Great story, about how a gun owner possibly saved a police officer's life, by taking out the perp at 165 yards, using a handgun.  

http://www.guns.com/texas-gun-owner-shoot-out-10236.html


----------



## seasoned (Aug 7, 2012)

Finally a positive news story about gun ownership.

Thanks for posting......................


----------



## ballen0351 (Aug 7, 2012)

That's one heck of a shot.  I'm going to try that to see if I can hit targets at that range with a handgun


----------



## Grenadier (Aug 7, 2012)

With a single action trigger pull, a good set of sights, and a flat-shooting magnum load, it might not be so bad, as long as you have your calibrations in order.


----------



## clfsean (Aug 7, 2012)

I've done an ammo box at 100 yards walking it up to the target, but nothing like that.


----------



## oftheherd1 (Aug 7, 2012)

Grenadier said:


> With a single action trigger pull, a good set of sights, and a flat-shooting magnum load, it might not be so bad, as long as you have your calibrations in order.



And he evidently did.

Good he was there.  And yes, thanks for a positive gun story.


----------



## Takai (Aug 7, 2012)

Just another reason to not mess with Texans.


----------



## Bill Mattocks (Aug 8, 2012)

I'm not taking anything away from the story or the citizen involved, but I suspect there's a bit of Texas-sized exaggeration involved.

Under optimum conditions, firing a 44 magnum JHP from a rifle with optimum muzzle velocity, you're looking at something in the neighborhood of 6 to 8 inches of bullet drop by 100 yards.  Past that, I don't know, but at a rough guess, I'd think he'd have to be holding something like 12 inches high at the range he was claiming to be hitting at.

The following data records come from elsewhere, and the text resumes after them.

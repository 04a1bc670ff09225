-- ===== src/Usgs/Parser/Aware.antt =====
-- The times of a parsed event have a time zone.
use sentinel_chain.Base.{String, ◌≡◌, refl, true, Option, All, All-append}
use sentinel_chain.Base.Result.{Result, ok, err, ◌>>=◌}
use sentinel_chain.Base.Runtime.{Runtime, StdError}
use sentinel_chain.Base.Json.{Json, int, float, obj, Items, nil, cons, Fields}
use sentinel_chain.Usgs.Parser.{
  UsgsEvent, ParseRaise, or_std, epoch_ms_to_utc, parse_fields, parse_feature,
}
use sentinel_chain.Usgs.Parser.Feed.{parsed, parse_item, event_of}

-- Whatever is returned has a property.
abbrev OfValue : {E A : Type 0} → (A → Type 0) → Result E A → Type 0
OfValue Q (ok a) = Q a
OfValue Q (err e) = Unit

record Yields {E A : Type 0} (Q : A → Type 0) (r : Result E A) : Type 0 where
  value : OfValue Q r

module _ {E A B : Type 0} {Q : B → Type 0} where
  Yields-bind :
      (m : Result E A) (f : A → Result E B) → ((a : A) → Yields Q (f a)) → Yields Q (m >>= f)
  Yields-bind (ok a) f h = h a
  Yields-bind (err e) f h = record { value = tt }

  Yields-bind_using :
      {P : A → Type 0} (m : Result E A) (f : A → Result E B)
      → Yields P m
      → ((a : A) → P a → Yields Q (f a))
      → Yields Q (m >>= f)
  Yields-bind_using (ok a) f p h = h a p.value
  Yields-bind_using (err e) f p h = record { value = tt }

module _ (R : Runtime) where
  -- `datetime.fromtimestamp(x, tz=UTC)` has a time zone.
  abbrev pub UtcDates : Type 0
  UtcDates = (x : R.Float) (d : R.Datetime) → R.from_timestamp x ≡ ok d → R.aware d ≡ true

  pub record IsAware (e : UsgsEvent R) : Type 0 where
    pub event_aware : R.aware e.event_time ≡ true
    pub updated_aware : R.aware e.updated_time ≡ true

  module _ (dates : UtcDates) where
    date-Yields :
        (x : R.Float)
        → Yields {E = ParseRaise R.Float} (λ d. R.aware d ≡ true) (or_std (R.from_timestamp x))
    date-Yields x = go (R.from_timestamp x) (dates x)
      where
        go :
            (r : Result StdError R.Datetime)
            → ((d : R.Datetime) → r ≡ ok d → R.aware d ≡ true)
            → Yields {E = ParseRaise R.Float} (λ d. R.aware d ≡ true) (or_std r)
        go (ok d) h = record { value = h d refl }
        go (err e) h = record { value = tt }

    epoch-Yields :
        (v : Json R.Float) (name : String) (id : Option String)
        → Yields (λ d. R.aware d ≡ true) (epoch_ms_to_utc R v name id)
    unfolding epoch_ms_to_utc
    epoch-Yields (int n) name id = Yields-bind (or_std (R.of_int n)) _ (λ x. date-Yields _)
    epoch-Yields (float x) name id = date-Yields _
    epoch-Yields _ name id = record { value = tt }

    aware_of :
        (e : UsgsEvent R)
        → R.aware e.event_time ≡ true
        → R.aware e.updated_time ≡ true
        → Yields {E = ParseRaise R.Float} IsAware (ok e)
    aware_of e h k = record { value = record { event_aware = h; updated_aware = k } }

    Yields-epoch :
        {B : Type 0} {Q : B → Type 0} (v : Json R.Float) (name : String) (id : Option String)
        (f : R.Datetime → Result (ParseRaise R.Float) B)
        → ((d : R.Datetime) → R.aware d ≡ true → Yields Q (f d))
        → Yields Q (epoch_ms_to_utc R v name id >>= f)
    Yields-epoch v name id f h =
        Yields-bind_using (epoch_ms_to_utc R v name id) f (epoch-Yields v name id) h

    parse_fields-Yields :
        (id : String) (feature : Fields R.Float) → Yields IsAware (parse_fields R id feature)
    unfolding parse_fields
    parse_fields-Yields id feature = search (Yields-epoch, aware_of, Yields-bind) depth 14

    parse_feature-Yields : (feature : Fields R.Float) → Yields IsAware (parse_feature R feature)
    unfolding parse_feature
    parse_feature-Yields feature = search (Yields-bind, parse_fields-Yields)

    parse_item-Yields : (x : Json R.Float) → Yields IsAware (parse_item R x)
    parse_item-Yields (obj feature) = parse_feature-Yields feature
    parse_item-Yields _ = record { value = tt }

    event_of-All :
        (r : Result (ParseRaise R.Float) (UsgsEvent R))
        → Yields IsAware r
        → All IsAware (event_of R r)
    event_of-All (ok e) h = (h.value, tt)
    event_of-All (err e) h = tt

    pub parsed-All : (features : Items R.Float) → All IsAware (parsed R features)
    unfolding parsed
    parsed-All nil = tt
    parsed-All (cons x xs) =
        All-append IsAware (event_of R (parse_item R x)) (parsed R xs)
          (event_of-All (parse_item R x) (parse_item-Yields x)) (parsed-All xs)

I also wonder what his backstop was for any misses.  Another trailer?  Hey, it all worked out, bad guy dead, I'm OK with this.  Just sayin'...


----------



## Instructor (Aug 8, 2012)

It was only 70 yards with an M-9 but still a hell of a shot and remarkably steady after furiously pedalling a mountain bike to the scene of the shooting.

http://www.spokesman.com/blogs/spin...own-helping-other-survivors-mellberg-rampage/

After all these years his example inspires me.


----------



## zDom (Aug 9, 2012)

I didn't pull up the link, but did he have a scope on that pistol or what?



Anything beyond 20 or 30 yards and the the front site begins to obscure the entire target ...

Reckon I'll never be a long distance pistol shooter. That's why we have rifles... and tennis shoes.


----------